* **YOUR ASSIGNMENT**:
The span to repeat in the listing below runs from the line containing "Run-Lasts id a s u there lt (later" to the line containing "-- Whatever the", inclusive. Repeat it exactly, and only it.

────

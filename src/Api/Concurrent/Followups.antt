-- ===== src/Api/Concurrent/Followups.antt =====
-- What the other requests of a server see of a request.
use perplexity_proxy_go.Prelude.{
  ℕ, ◌<◌, ◌≡◌, ◌≢◌, refl, ap, ◌∙◌, some, String, ◌==◌, lookup, eq_iff, Bool-cases, inl, inr, arith,
}
use perplexity_proxy_go.Json.{str, obj, Fields, end, field, at}
use perplexity_proxy_go.Pplx.Conversation.{params, build_payload}
use perplexity_proxy_go.Pplx.Ask.Followup.{params-uuid, unless_empty}
use perplexity_proxy_go.Api.Request.{HttpRequest}
use perplexity_proxy_go.Api.Server.{Live}
use perplexity_proxy_go.Api.Server.Threads.{thread}
use perplexity_proxy_go.Api.Concurrent.{Store, asking, sending, Job, Setup, conv_at}
use perplexity_proxy_go.Api.Concurrent.Runs.{System, Run, stay, later, pick, advance, init}
use perplexity_proxy_go.Api.Concurrent.Effects.{address, Effect, move-Effect, eqb_self}
use perplexity_proxy_go.Api.Concurrent.Sharing.{Run-Inv, init-Inv}

unless_empty-some : (s : String) → s ≢ "" → unless_empty s ≡ some (str s)
unless_empty-some s h = elim (Bool-cases (s == "")) [
  | inl empty ↦ absurd (h ((eq_iff s "").0 empty))
  | inr full ↦ rw full refl
]

module _ {W : Type 0} (v : Setup W) (requests : ℕ → HttpRequest) where
  advance-Effect : (i : ℕ) (s : System W) → Effect (s.pc i) s.store (advance v requests i s).store
  unfolding advance
  advance-Effect i s = move-Effect v (requests i) (s.pc i) s.store

  -- Whatever steps the requests have taken since the server's start, and whatever request takes the
  -- next one: the conversations of other threads than its own stay where they are, as they are.
  pub advance-others :
      {n : ℕ} (objects : ℕ → Live) (w : W) (s : System W)
      → Run v requests n (init objects w) s
      → (i : ℕ) (id : String) (a : ℕ) → id ≢ thread (requests i)
      → lookup id s.store.convs ≡ some a
      → (lookup id (advance v requests i s).store.convs ≡ some a)
        × ((advance v requests i s).store.objects a ≡ s.store.objects a)
  advance-others objects w s r i id a other there =
      let inv = Run-Inv requests v (init objects w) s (init-Inv requests v objects w) r in
      let effect = advance-Effect i s in
      (
        effect.entries id a there,
        effect.others a (inv.allocated id a there)
            (λ e. other (inv.distinct id (thread (requests i)) a there (inv.held i a e))),
      )

  -- a conversation that is there stays there, and grows
  record Lasts (id : String) (a : ℕ) (s u : Store W) : Type 0 where
    pub entry : lookup id u.convs ≡ some a
    pub allocated : a < u.next
    pub grows : (s.objects a).conv.backend_uuid ≢ "" → (u.objects a).conv.backend_uuid ≢ ""

  Run-Lasts :
      {n : ℕ} (id : String) (a : ℕ) (s u : System W)
      → lookup id s.store.convs ≡ some a
      → a < s.store.next
      → Run v requests n s u
      → Lasts id a s.store u.store
  Run-Lasts id a s u there lt stay = record { entry = there; allocated = lt; grows = λ h. h }
  Run-Lasts id a s u there lt (later {t} r (pick i bound h)) =
      let before = Run-Lasts id a s t there lt r in
      let effect = advance-Effect i t in
      record {
        entry = effect.entries id a before.entry;
        allocated = omega (arith, before.allocated, effect.grown);
        grows = λ k. (effect.own a before.allocated).2 (before.grows k);
      }

  advance-asking :
      (j : ℕ) (u : System W) (job : Job)
      → u.pc j ≡ asking job
      → (advance v requests j u).pc j
        ≡ sending job (build_payload v.host job.query job.opt (conv_at job u.store))
  unfolding advance
  advance-asking j u job h = rw (h, eqb_self j) refl

  -- Whatever the requests have done since the server's start: where the conversation of a thread
  -- has a backend uuid, each request of the thread that asks directly and has not made its payload by
  -- then, makes it for a followup, whatever happens in between. The payload names in last_backend_uuid
  -- the thread, not empty, that the conversation has when the payload is made. A request that made its
  -- payload before is not covered, nor is one over the bridge.
  pub Run-followup :
      {n : ℕ} (objects : ℕ → Live) (w : W) (s u : System W) (j a : ℕ) (job : Job)
      → Run v requests n (init objects w) s
      → lookup (thread (requests j)) s.store.convs ≡ some a
      → (s.store.objects a).conv.backend_uuid ≢ ""
      → Run v requests n s u
      → u.pc j ≡ asking job
      → (uuid : String) × (fs : Fields) × (uuid ≢ "")
        × (uuid ≡ (u.store.objects a).conv.backend_uuid)
        × (at "last_backend_uuid" fs ≡ some (str uuid))
        × ((advance v requests j u).pc j
            ≡ sending job (obj (field "params" (obj fs) (field "query_str" (str job.query) end))))
  unfolding build_payload
  Run-followup objects w s u j a job r there threaded r' here =
      let inv = Run-Inv requests v (init objects w) s (init-Inv requests v objects w) r in
      let inv' = Run-Inv requests v s u inv r' in
      let lasts = Run-Lasts (thread (requests j)) a s u there (inv.allocated _ a there) r' in
      let same : job.address ≡ a =
        ground (arith, inv'.held j job.address (ap address here), lasts.entry) in
      let uuid = (u.store.objects a).conv.backend_uuid in
      let full : uuid ≢ "" = lasts.grows threaded in
      (
        uuid,
        params v.host job.opt (conv_at job u.store),
        full,
        refl,
        params-uuid v.host job.opt (conv_at job u.store)
            ∙ ap (λ b. unless_empty (u.store.objects b).conv.backend_uuid) same
            ∙ unless_empty-some uuid full,
        advance-asking j u job here,
      )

────

* **RESULT OF THE TASK**:
  Run-Lasts id a s u there lt (later {t} r (pick i bound h)) =
      let before = Run-Lasts id a s t there lt r in
      let effect = advance-Effect i t in
      record {
        entry = effect.entries id a before.entry;
        allocated = omega (arith, before.allocated, effect.grown);
        grows = λ k. (effect.own a before.allocated).2 (before.grows k);
      }

  advance-asking :
      (j : ℕ) (u : System W) (job : Job)
      → u.pc j ≡ asking job
      → (advance v requests j u).pc j
        ≡ sending job (build_payload v.host job.query job.opt (conv_at job u.store))
  unfolding advance
  advance-asking j u job h = rw (h, eqb_self j) refl

  -- Whatever the requests have done since the server's start: where the conversation of a thread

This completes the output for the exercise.